RECORDS TO USE —

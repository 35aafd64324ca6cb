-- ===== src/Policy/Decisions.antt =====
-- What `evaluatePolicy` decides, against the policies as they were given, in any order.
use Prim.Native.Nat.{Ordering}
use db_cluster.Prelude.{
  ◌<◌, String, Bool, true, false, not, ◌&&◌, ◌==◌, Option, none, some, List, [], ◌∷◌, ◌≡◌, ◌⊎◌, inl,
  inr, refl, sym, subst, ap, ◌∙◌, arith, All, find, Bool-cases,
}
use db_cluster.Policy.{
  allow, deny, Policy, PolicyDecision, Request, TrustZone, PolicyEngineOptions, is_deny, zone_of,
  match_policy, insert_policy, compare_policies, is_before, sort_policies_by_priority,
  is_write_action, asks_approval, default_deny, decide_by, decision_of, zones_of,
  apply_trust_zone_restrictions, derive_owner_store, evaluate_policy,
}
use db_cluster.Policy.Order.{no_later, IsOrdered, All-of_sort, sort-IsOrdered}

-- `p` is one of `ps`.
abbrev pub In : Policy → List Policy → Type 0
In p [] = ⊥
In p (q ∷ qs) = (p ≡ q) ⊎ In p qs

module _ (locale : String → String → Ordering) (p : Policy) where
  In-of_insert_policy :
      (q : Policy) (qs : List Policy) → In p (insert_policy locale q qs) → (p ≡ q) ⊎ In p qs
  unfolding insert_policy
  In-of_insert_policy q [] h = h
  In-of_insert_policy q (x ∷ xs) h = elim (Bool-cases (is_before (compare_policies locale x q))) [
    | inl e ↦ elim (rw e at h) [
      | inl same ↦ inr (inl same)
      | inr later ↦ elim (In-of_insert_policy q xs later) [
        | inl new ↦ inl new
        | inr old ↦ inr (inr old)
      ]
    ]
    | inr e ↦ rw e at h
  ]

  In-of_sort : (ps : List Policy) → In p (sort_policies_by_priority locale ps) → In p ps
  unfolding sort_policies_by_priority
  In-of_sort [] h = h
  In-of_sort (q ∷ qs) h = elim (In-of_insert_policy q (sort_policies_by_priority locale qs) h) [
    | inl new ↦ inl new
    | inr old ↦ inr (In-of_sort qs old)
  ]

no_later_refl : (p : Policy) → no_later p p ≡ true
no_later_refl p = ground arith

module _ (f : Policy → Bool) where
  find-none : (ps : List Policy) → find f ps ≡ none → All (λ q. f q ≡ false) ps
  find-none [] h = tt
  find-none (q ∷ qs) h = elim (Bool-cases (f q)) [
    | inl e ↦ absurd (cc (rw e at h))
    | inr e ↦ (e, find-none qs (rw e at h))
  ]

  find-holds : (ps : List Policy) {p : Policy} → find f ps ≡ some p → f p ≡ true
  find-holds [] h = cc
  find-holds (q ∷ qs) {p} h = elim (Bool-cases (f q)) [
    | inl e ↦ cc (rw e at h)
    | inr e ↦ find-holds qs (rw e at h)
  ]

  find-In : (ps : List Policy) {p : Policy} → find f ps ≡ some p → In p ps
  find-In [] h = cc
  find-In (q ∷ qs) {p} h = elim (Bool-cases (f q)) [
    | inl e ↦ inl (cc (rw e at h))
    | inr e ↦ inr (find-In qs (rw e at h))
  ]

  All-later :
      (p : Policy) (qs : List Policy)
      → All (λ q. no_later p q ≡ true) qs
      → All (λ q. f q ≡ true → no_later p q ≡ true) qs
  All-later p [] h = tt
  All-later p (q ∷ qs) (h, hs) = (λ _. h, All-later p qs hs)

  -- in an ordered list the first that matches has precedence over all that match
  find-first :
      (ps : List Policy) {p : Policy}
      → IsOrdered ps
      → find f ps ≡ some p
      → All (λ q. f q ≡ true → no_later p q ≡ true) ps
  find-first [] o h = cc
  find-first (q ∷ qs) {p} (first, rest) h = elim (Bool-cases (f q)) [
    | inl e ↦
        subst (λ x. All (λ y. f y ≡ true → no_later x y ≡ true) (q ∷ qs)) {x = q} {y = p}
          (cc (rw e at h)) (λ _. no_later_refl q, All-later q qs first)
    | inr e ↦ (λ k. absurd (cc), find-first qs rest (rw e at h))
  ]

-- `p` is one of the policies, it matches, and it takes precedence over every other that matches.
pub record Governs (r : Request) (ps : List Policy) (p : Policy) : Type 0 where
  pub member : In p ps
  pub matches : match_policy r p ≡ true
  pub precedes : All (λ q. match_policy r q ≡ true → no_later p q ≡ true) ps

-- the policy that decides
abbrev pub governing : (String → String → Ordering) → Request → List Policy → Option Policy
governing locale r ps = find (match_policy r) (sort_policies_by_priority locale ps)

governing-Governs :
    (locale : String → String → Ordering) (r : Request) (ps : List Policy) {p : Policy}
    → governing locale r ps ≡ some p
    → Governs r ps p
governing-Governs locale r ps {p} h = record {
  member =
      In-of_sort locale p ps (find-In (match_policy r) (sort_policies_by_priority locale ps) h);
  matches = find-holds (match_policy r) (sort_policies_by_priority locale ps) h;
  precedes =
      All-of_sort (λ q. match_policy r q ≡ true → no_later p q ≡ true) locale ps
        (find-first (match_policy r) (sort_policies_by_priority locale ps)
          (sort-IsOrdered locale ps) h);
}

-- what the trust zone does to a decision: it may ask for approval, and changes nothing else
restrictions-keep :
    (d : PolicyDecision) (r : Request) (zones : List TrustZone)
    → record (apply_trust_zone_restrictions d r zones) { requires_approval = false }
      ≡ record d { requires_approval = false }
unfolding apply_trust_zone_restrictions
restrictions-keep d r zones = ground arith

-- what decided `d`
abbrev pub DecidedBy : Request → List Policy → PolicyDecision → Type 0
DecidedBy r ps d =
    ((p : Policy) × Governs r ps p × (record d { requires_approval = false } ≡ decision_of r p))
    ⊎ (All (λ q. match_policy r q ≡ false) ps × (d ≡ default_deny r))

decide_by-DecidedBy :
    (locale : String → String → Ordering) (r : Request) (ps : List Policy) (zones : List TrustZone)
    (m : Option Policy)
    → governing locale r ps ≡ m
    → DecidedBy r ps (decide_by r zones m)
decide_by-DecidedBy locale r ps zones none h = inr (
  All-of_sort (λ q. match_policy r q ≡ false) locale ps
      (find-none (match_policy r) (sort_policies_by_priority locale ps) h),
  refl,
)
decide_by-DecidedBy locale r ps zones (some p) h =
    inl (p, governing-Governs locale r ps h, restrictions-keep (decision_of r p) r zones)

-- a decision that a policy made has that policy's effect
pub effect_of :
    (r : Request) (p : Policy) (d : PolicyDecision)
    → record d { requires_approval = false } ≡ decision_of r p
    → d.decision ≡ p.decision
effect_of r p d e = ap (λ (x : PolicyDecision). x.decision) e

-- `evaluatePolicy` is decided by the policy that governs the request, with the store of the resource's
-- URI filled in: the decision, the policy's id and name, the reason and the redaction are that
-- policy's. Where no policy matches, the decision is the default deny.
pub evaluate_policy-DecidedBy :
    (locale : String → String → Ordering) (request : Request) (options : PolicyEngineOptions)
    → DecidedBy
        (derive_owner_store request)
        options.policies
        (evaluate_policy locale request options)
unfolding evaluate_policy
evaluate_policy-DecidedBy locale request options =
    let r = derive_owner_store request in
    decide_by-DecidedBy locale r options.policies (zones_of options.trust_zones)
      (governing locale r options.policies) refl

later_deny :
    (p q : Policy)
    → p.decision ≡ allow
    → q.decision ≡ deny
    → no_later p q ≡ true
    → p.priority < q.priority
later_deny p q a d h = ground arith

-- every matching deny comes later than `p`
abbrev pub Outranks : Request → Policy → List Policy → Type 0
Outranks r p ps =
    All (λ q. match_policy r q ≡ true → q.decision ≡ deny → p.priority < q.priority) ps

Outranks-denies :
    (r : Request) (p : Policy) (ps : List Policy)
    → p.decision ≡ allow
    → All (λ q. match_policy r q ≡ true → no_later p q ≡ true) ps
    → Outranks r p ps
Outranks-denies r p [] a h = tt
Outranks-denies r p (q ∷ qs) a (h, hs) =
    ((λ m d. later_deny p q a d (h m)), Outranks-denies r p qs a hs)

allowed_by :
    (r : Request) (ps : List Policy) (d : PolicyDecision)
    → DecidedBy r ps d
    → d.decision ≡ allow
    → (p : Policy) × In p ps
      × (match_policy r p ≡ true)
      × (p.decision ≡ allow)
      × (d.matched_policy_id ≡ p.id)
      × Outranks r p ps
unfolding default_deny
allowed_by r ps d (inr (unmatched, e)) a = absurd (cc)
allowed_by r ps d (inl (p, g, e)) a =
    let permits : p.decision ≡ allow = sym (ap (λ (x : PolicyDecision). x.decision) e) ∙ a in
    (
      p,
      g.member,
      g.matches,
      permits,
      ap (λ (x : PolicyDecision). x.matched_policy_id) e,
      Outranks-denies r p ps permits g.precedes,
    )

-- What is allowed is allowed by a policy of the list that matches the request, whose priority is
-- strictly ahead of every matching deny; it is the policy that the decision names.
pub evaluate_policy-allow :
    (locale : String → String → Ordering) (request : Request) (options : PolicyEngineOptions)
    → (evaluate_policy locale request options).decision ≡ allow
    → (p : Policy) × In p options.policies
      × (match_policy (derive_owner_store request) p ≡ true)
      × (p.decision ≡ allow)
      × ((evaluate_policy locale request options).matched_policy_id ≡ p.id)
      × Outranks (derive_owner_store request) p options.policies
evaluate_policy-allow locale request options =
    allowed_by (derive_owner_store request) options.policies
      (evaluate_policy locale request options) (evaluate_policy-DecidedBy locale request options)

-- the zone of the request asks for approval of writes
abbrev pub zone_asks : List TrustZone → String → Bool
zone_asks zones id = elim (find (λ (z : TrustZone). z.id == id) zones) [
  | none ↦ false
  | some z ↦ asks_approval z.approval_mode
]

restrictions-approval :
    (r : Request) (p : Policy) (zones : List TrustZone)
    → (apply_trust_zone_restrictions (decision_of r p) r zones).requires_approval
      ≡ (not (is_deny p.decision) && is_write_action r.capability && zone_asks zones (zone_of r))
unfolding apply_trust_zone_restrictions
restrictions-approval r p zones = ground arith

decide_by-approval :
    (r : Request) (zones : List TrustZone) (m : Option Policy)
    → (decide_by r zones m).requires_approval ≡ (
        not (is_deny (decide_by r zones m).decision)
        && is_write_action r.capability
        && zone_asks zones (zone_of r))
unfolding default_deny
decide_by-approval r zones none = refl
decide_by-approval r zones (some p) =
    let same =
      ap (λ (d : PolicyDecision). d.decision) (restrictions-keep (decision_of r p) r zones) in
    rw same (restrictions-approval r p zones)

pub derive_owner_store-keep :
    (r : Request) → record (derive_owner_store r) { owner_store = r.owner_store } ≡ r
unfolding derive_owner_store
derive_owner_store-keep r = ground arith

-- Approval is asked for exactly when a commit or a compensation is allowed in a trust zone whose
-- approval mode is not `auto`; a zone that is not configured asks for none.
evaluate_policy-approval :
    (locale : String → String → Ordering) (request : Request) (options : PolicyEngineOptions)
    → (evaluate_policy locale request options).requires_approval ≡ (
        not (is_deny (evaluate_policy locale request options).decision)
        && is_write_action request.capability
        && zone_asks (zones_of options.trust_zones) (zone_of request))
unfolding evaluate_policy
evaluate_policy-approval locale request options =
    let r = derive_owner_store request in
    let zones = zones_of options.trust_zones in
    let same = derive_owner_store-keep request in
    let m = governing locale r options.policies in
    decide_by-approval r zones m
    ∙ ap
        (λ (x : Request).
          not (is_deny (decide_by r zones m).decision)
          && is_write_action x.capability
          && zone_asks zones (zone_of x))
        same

==

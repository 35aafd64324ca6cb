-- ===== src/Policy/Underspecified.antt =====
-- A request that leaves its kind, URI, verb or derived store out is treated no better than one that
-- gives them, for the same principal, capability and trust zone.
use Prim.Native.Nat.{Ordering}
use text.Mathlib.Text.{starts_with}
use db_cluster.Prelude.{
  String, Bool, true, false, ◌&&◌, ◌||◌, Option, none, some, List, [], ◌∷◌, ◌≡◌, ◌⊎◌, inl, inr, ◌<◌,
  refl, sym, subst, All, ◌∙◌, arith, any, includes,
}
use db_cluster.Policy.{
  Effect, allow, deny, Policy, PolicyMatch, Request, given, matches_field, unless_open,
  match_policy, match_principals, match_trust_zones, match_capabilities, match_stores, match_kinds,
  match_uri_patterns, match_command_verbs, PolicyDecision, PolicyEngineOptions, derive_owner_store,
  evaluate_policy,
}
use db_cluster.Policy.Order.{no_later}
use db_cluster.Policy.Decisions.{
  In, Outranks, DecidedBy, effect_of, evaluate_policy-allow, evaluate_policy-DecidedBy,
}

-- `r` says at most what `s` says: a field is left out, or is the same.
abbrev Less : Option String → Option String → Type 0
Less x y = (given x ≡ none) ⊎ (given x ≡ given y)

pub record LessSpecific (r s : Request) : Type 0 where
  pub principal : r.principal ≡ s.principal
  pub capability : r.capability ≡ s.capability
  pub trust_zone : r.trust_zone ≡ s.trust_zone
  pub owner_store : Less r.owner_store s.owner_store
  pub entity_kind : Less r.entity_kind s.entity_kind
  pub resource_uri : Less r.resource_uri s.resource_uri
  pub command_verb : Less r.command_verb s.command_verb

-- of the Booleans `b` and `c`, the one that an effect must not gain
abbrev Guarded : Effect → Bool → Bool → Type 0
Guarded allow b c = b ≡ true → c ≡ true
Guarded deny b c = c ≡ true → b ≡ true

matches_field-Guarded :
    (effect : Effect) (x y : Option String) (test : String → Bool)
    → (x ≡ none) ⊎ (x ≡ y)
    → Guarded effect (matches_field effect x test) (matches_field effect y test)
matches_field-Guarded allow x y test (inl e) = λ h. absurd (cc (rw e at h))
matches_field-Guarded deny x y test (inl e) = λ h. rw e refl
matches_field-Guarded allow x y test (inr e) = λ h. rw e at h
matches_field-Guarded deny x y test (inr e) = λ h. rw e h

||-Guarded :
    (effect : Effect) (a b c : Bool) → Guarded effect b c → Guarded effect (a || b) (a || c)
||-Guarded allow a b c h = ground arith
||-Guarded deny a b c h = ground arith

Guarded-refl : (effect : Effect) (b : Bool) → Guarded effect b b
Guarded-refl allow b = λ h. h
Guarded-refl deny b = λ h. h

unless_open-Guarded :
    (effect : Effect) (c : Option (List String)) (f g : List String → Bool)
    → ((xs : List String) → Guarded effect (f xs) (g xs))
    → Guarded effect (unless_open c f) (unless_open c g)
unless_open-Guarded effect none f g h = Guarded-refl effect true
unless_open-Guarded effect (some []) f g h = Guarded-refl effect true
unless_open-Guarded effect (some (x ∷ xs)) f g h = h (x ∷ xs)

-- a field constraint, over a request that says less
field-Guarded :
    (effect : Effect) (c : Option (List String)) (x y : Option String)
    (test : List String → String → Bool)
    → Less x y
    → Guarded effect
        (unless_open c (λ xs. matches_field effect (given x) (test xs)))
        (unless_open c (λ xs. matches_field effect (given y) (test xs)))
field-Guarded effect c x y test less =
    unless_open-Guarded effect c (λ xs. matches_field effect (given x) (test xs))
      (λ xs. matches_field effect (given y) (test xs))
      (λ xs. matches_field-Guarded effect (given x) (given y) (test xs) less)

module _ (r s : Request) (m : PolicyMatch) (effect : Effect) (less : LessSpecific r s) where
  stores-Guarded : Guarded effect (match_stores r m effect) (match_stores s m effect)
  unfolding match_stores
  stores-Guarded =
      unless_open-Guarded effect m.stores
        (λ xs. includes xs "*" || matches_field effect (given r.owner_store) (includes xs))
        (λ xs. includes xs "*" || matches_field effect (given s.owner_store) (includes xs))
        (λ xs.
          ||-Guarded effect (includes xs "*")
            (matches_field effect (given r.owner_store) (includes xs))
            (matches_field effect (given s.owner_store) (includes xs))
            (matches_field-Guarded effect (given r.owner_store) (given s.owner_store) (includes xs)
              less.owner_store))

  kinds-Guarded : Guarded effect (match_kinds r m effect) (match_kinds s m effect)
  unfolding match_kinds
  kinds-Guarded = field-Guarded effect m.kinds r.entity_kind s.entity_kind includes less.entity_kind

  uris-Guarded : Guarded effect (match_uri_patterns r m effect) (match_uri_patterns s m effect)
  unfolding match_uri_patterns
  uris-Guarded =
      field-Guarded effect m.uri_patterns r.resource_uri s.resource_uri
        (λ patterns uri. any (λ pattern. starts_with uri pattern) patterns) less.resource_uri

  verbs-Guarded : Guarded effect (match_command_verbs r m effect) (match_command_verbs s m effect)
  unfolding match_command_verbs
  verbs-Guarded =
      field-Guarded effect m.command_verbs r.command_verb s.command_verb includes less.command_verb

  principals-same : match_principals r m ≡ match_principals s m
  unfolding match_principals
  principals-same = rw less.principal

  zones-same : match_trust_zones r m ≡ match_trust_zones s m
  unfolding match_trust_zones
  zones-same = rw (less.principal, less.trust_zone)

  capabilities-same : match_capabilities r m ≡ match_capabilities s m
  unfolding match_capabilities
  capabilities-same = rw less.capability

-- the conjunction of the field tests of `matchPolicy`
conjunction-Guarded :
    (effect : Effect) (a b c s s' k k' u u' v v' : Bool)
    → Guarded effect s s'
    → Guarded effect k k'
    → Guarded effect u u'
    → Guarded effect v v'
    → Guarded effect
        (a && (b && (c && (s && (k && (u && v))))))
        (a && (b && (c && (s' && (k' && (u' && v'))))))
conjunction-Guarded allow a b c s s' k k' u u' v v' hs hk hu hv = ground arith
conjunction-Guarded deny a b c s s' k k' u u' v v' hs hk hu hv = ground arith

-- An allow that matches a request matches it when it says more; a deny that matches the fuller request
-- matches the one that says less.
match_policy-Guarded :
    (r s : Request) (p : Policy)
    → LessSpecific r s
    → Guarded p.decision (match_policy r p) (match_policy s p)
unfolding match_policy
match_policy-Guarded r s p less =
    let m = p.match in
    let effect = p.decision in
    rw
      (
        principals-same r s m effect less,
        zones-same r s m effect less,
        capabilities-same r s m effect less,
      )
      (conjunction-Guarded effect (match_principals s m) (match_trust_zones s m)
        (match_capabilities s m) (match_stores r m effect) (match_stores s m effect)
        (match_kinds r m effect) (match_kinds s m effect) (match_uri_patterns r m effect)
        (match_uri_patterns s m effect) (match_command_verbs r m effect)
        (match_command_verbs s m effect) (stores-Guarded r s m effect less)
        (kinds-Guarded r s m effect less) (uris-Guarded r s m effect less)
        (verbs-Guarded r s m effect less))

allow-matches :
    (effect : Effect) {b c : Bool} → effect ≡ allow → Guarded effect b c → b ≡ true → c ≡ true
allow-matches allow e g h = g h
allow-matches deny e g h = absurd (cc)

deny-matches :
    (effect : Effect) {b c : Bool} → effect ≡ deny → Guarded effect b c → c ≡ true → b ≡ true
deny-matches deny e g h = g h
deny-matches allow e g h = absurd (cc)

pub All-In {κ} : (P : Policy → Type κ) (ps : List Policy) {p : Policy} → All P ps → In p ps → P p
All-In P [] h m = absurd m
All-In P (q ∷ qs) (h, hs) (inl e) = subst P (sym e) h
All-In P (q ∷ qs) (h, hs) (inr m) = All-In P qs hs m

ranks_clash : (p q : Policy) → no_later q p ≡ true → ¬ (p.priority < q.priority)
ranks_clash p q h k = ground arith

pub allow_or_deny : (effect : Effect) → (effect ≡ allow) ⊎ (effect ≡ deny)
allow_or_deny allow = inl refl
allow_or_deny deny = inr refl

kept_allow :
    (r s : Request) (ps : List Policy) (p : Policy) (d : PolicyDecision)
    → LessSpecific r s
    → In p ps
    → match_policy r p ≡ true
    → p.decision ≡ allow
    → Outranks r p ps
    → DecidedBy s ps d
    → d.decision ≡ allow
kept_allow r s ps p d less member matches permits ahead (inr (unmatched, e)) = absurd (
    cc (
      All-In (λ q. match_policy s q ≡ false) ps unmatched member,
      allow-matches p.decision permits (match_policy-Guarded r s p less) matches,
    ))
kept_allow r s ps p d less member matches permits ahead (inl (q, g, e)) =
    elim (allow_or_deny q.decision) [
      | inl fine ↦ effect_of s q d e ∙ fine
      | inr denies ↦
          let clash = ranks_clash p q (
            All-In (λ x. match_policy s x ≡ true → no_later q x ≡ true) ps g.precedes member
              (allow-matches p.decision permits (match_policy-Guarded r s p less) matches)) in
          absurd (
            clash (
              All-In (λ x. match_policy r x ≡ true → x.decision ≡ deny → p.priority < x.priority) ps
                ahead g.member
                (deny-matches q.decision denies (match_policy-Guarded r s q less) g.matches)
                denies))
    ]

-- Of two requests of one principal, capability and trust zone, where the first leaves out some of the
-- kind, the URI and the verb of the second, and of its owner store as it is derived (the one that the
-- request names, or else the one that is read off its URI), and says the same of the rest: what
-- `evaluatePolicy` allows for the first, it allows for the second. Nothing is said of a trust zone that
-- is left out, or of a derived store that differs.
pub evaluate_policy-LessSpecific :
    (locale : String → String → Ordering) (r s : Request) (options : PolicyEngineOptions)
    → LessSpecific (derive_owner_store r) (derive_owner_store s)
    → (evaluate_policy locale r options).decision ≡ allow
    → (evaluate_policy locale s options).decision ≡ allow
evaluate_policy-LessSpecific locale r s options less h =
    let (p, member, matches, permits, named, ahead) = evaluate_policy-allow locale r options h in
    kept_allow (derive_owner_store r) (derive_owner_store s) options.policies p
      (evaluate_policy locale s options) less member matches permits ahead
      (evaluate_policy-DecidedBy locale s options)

--

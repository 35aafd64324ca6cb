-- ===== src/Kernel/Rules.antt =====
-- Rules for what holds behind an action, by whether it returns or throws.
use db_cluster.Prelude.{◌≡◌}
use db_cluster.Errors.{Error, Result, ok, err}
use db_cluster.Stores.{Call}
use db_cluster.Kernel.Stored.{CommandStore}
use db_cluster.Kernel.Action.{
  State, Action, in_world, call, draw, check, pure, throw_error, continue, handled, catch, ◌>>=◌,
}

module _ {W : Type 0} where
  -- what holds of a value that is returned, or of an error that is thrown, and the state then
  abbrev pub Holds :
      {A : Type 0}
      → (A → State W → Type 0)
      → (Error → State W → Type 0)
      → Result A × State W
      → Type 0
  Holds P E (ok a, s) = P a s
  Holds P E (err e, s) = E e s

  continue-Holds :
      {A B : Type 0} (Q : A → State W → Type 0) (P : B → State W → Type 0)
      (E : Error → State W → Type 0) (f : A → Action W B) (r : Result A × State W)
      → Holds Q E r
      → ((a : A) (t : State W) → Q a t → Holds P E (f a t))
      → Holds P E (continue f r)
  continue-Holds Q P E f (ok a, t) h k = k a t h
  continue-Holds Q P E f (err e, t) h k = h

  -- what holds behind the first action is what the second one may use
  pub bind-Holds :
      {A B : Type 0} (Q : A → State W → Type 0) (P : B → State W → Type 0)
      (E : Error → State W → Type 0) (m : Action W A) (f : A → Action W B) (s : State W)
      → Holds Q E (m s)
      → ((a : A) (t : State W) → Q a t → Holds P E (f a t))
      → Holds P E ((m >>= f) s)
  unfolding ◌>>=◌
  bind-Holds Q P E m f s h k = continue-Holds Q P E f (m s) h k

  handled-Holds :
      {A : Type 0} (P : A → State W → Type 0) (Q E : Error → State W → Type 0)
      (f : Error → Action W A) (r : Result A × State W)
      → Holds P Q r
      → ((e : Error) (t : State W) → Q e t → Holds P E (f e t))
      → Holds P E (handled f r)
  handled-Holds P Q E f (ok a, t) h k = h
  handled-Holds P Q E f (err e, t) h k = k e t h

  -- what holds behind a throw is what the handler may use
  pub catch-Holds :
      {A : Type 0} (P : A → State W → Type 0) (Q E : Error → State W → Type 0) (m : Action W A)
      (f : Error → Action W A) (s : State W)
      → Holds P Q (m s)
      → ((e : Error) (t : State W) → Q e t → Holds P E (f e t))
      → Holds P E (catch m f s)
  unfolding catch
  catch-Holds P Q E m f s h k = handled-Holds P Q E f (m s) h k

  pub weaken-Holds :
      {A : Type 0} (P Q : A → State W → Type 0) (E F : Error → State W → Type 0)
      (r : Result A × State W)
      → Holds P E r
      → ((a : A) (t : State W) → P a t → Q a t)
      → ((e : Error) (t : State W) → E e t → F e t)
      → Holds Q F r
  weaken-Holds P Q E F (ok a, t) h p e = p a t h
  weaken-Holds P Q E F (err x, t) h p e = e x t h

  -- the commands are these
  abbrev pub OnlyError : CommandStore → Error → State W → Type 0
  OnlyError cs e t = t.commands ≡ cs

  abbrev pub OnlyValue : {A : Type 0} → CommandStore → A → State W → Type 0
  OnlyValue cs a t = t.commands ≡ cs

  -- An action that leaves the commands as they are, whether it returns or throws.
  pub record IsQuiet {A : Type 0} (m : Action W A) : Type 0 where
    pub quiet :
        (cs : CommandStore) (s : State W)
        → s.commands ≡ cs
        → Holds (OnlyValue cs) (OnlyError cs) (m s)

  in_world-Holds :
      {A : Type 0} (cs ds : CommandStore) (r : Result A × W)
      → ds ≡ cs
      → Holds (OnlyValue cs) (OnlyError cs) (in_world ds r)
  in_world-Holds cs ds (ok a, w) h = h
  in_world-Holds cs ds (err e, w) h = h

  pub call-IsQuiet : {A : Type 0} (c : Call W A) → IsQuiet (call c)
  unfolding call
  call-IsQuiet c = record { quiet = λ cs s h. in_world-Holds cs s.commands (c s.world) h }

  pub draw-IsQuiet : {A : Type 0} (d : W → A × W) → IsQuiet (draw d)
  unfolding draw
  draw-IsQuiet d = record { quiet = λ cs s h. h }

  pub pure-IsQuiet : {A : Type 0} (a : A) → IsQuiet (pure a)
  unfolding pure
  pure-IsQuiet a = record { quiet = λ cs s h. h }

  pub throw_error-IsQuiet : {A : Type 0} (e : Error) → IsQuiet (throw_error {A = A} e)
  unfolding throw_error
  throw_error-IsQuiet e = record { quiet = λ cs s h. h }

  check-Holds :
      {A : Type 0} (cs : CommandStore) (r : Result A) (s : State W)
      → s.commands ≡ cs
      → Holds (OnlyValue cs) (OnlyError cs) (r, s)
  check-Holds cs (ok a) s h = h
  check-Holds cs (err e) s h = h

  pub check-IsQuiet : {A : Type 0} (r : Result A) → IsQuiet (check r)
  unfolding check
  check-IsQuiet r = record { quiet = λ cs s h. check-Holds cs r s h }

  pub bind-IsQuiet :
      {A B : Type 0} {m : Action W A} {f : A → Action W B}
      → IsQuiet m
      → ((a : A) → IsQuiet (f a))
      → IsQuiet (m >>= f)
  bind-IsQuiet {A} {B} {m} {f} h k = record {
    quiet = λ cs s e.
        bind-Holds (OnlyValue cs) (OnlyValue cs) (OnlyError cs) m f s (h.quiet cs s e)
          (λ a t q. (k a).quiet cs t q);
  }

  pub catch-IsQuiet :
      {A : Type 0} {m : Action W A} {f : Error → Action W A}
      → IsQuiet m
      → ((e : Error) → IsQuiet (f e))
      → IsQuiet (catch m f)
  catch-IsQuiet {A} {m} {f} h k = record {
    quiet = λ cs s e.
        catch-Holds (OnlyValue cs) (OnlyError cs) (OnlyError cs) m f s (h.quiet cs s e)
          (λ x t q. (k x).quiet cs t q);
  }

THE PROBLEM —
Proceeding from the line containing "-- kind, the" through the line containing "(evaluate_policy locale s options) less", transcribe the lines above exactly, both end lines included.

RESULT OF THIS EXERCISE —
-- kind, the URI and the verb of the second, and of its owner store as it is derived (the one that the
-- request names, or else the one that is read off its URI), and says the same of the rest: what
-- `evaluatePolicy` allows for the first, it allows for the second. Nothing is said of a trust zone that
-- is left out, or of a derived store that differs.
pub evaluate_policy-LessSpecific :
    (locale : String → String → Ordering) (r s : Request) (options : PolicyEngineOptions)
    → LessSpecific (derive_owner_store r) (derive_owner_store s)
    → (evaluate_policy locale r options).decision ≡ allow
    → (evaluate_policy locale s options).decision ≡ allow
evaluate_policy-LessSpecific locale r s options less h =
    let (p, member, matches, permits, named, ahead) = evaluate_policy-allow locale r options h in
    kept_allow (derive_owner_store r) (derive_owner_store s) options.policies p
      (evaluate_policy locale s options) less member matches permits ahead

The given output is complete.